6. Case Studies and Simulation
In this section, the proposed wrench closure condition is applied to search for the wrench-closure workspace of two configurations CDPM defined in
Figure 1. For convenience, we define three types of WCW:
Total orientation wrench closure workspace (TOWCW): Other than the definition in [
22], in this article, TOWCW presents the whole WCW when position and orientation of moving platform are considered as variables. Notice that, because of the limitation in visualization, we can plot the TOWCW of 3-dof CDPM.
Constant orientation wrench closure workspace (COWCW): For 6-dof CDPM, we can visualize the projection of its TOWCW on up to 3-dimensional workspace. If the projected space was only related to the position of moving platform, this projection is called COWCW. For 3-dof CDPM, COWCW is the section obtained at specific γp.
Constant position wrench closure workspace (CPWCW): Similar to COWCW, CPWCW is the projection of TOWCW when the projected space was only related to the orientation of moving platform, i.e., position of moving platform is constant.
As shown in
Figure 7, WCW of the first configuration CDPM shown in
Figure 1 is generated by point-wisely employing proposed WWC in the grid map, which has a dimension of 1 m × 1 m × 2π and resolution of 0.02 m × 0.02 m × 0.02 rad. Total orientation WCW of planar CDPM is a subset of 3-dimensional space (
xP-yP-γP); it is illustrated in
Figure 7a. Moreover, 2-dimensional sections of total orientation WCW of planar CDPM obtained at
γP = 0°, 0.052 rad and −0.052 rad are also plotted in
Figure 7b–d. The orange, yellow and purple closed curves in
Figure 7a represent the boundaries of slices that present in
Figure 7b–d, respectively. However, this configuration is simple, since it has 3-dof and only one redundant actuator. Hence, it cannot verify the feature “applicable for a completely or redundantly restrained CDPM” of proposed WWC. The second configuration CDPM shown in
Figure 1 is a 2-redundantly actuated spatial CDPM, and it can be used to reinforce the flexibility of proposed WWC.
As shown in
Figure 8, WCW of the second configuration CDPM shown in
Figure 1 is generated by applying proposed WWC. Constant orientation WCW with
αP = 0,
βP = 0 and
γP = 0.052 rad, and constant position WCW with
xP = 0,
yP = 0 and
zP = 0 are shown in
Figure 8a,b, respectively. As shown in
Figure 7c and
Figure 8a, the cross-section perpendicular to the
z-axis of COWCW of the spatial CDPM is trickly equivalent to the COWCW of the planar CDPM due to their similar dimensions.

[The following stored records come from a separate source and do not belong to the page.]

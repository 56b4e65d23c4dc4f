-- ===== src/Main/Steps.antt =====
-- The steps that main.go has taken where a server of a cluster has come to listen.
use go_websocket.Prelude.{
  none, some, ◌≡◌, refl, sym, ◌∙◌, ap, Bool, true, false, Option, some, ◌∷◌, ◌++◌, arith,
  if◌then◌else◌,
}
use go_websocket.Prelude.Text.{Str}
use go_websocket.Prelude.Dict.{Dict}
use go_websocket.Prelude.Result.{Result, ok, err, panic}
use go_websocket.Setting.{CommonConf}
use go_websocket.Util.{is_cluster}
use go_websocket.Discovery.{ClientDis, get_service, handle_events}
use go_websocket.Discovery.Laws.{puts, get_service_lem}
use go_websocket.Registration.{Leases, ServiceReg, new_service_reg, put_service}
use go_websocket.Routers.Routes.{Routing, init}
use go_websocket.Main.{
  etcd_server_list, Boot, Step, goes_on, panics, ◌>>=◌, init_rpc_server, discovered_list,
  connected_dis, put_done, host_port, registered, register_server, routed, main,
}

module _ {S : Type 0} (e : Leases S) (join : Str → Str → Str) (common : CommonConf) where
  -- What happened where registerServer of a cluster came to its end.
  abbrev pub HasRegistered : Boot S → Boot S → Type 0
  HasRegistered b c =
      (s : S) × (ser : ServiceReg) × (t : S) × (kvs : Dict (Option Str)) × (put_service e
          (etcd_server_list ++ host_port e join common b) (host_port e join common b) ser s
        ≡ (t, ok tt))
      × (e.get_prefix etcd_server_list t ≡ ok kvs)
      × (record b { etcd = t; global = handle_events (puts kvs) b.global } ≡ c)

  abbrev boot_of : Step S → Boot S
  boot_of (goes_on b) = b
  boot_of (panics b) = b

  from_answer :
      (b c : Boot S) (answer : Result (Dict (Option Str)))
      → discovered_list e join common b (get_service answer b.global) ≡ goes_on c
      → (kvs : Dict (Option Str)) × (answer ≡ ok kvs)
        × (record b { global = handle_events (puts kvs) b.global } ≡ c)
  unfolding get_service
  from_answer b c (ok kvs) h = (
    kvs,
    refl,
    sym (ap (λ r. record b { global = r.0 }) (get_service_lem kvs b.global)) ∙ ap boot_of h,
  )
  from_answer b c (err x) h = absurd (ground (arith, h))
  from_answer b c panic h = absurd (ground (arith, h))

  from_connection :
      (b c : Boot S) (r : Result (ClientDis (Unit {0})))
      → connected_dis e join common b r ≡ goes_on c
      → (kvs : Dict (Option Str)) × (e.get_prefix etcd_server_list b.etcd ≡ ok kvs)
        × (record b { global = handle_events (puts kvs) b.global } ≡ c)
  from_connection b c (ok u) h = from_answer b c (e.get_prefix etcd_server_list b.etcd) h
  from_connection b c (err x) h = absurd (ground (arith, h))
  from_connection b c panic h = absurd (ground (arith, h))

  from_put :
      (b c : Boot S) (p : S × Result (Unit {0}))
      → put_done e join common b p ≡ goes_on c
      → (t : S) × (kvs : Dict (Option Str)) × (p ≡ (t, ok tt))
        × (e.get_prefix etcd_server_list t ≡ ok kvs)
        × (record b { etcd = t; global = handle_events (puts kvs) b.global } ≡ c)
  from_put b c (t, ok u) h =
      let (kvs, answer, same) = from_connection (record b { etcd = t }) c _ h in
      (t, kvs, refl, answer, same)
  from_put b c (t, err x) h = absurd (ground (arith, h))
  from_put b c (t, panic) h = absurd (ground (arith, h))

  from_reg :
      (b c : Boot S) (p : S × Result ServiceReg)
      → registered e join common b p ≡ goes_on c
      → HasRegistered b c
  from_reg b c (s, ok ser) h =
      let (t, kvs, put, answer, same) = from_put b c _ h in (s, ser, t, kvs, put, answer, same)
  from_reg b c (s, err x) h = absurd (ground (arith, h))
  from_reg b c (s, panic) h = absurd (ground (arith, h))

  register_server-goes_on :
      (b c : Boot S)
      → is_cluster common ≡ true
      → register_server e join common b ≡ goes_on c
      → HasRegistered b c
  unfolding register_server
  register_server-goes_on b c k h = from_reg b c (new_service_reg e 5 b.etcd) (
      ap
        (λ (t : Bool).
          if t then registered e join common b (new_service_reg e 5 b.etcd) else goes_on b)
        (sym k)
      ∙ h)

  from_routes :
      (listens : Bool) (d c : Boot S) (o : Option Routing)
      → init d.routing ≡ o
      → routed e join common listens d o ≡ goes_on c
      → (d' : Boot S) × (goes_on d ≡ goes_on d')
        × (init d'.routing ≡ some c.routing)
        × (record d' {
          routing = c.routing;
          heartbeat = true;
          http_port = some (b':' ∷ common.http_port);
        }
            ≡ c)
  from_routes listens d c none i h = absurd (ground (arith, h))
  from_routes true d c (some routing) i h =
      let made : routing ≡ c.routing = ap (λ x. (boot_of x).routing) h in
      (
        d,
        refl,
        i ∙ ap some made,
        ap
              (λ r. record d {
                routing = r;
                heartbeat = true;
                http_port = some (b':' ∷ common.http_port);
              })
              (sym made)
            ∙ ap boot_of h,
      )
  from_routes false d c (some routing) i h = absurd (ground (arith, h))

  -- What the rest of main adds.
  from_listen :
      (listens : Bool) (p : Step S) (c : Boot S)
      → (p >>= λ d. routed e join common listens d (init d.routing)) ≡ goes_on c
      → (d : Boot S) × (p ≡ goes_on d)
        × (init d.routing ≡ some c.routing)
        × (record d {
          routing = c.routing;
          heartbeat = true;
          http_port = some (b':' ∷ common.http_port);
        }
            ≡ c)
  from_listen listens (goes_on d) c h = from_routes listens d c (init d.routing) refl h
  from_listen listens (panics d) c h = absurd (ground (arith, h))

  -- main of a cluster that comes to listen has gone through all its steps.
  pub main-goes_on :
      (listens : Bool) (b c : Boot S)
      → is_cluster common ≡ true
      → main e join common listens b ≡ goes_on c
      → (d : Boot S) × HasRegistered (record b { rpc_port = some (b':' ∷ common.rpc_port) }) d
        × (init d.routing ≡ some c.routing)
        × (record d {
          routing = c.routing;
          heartbeat = true;
          http_port = some (b':' ∷ common.http_port);
        }
            ≡ c)
  unfolding main init_rpc_server
  main-goes_on listens b c k h =
      let (d, reg, routes, same) =
        from_listen listens (register_server e join common (init_rpc_server e join common b)) c h in
      (
        d,
        register_server-goes_on (record b { rpc_port = some (b':' ∷ common.rpc_port) }) d k
            (ap
                (λ (t : Bool).
                  register_server e join common
                    (if t then record b { rpc_port = some (b':' ∷ common.rpc_port) } else b))
                (sym k)
              ∙ reg),
        routes,
        same,
      )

This comment is also verified by Pham et al. in [
16]. In
Figure 8b, the CPWCW is not continuous and in practice, this type of CDPM just can work on a small set of orientational spaces.
In simulations, the time-consumption of proposed WCC used to determine whether a pose presents in WCW is also considered. Time-consumption is not the same in each performance due to two factors: size of wrench matrix and the interruption of algorithm. The first factor depends on configuration of CDPM, it is related to the number of used cables and DoF of moving platform. In the worst case, when a pose belongs to WCW and the algorithm for checking the feasibility of system of inequations must evaluate all I-minor of given wrench matrix. The second factor is the interruption of the algorithm. Our algorithm will orderly evaluate I-minor of the given wrench matrix until one of them is I-definite. In the best case, the wrench matrix is not full-rank, the pose absolutely does not belong to WCW and the algorithm does not take place.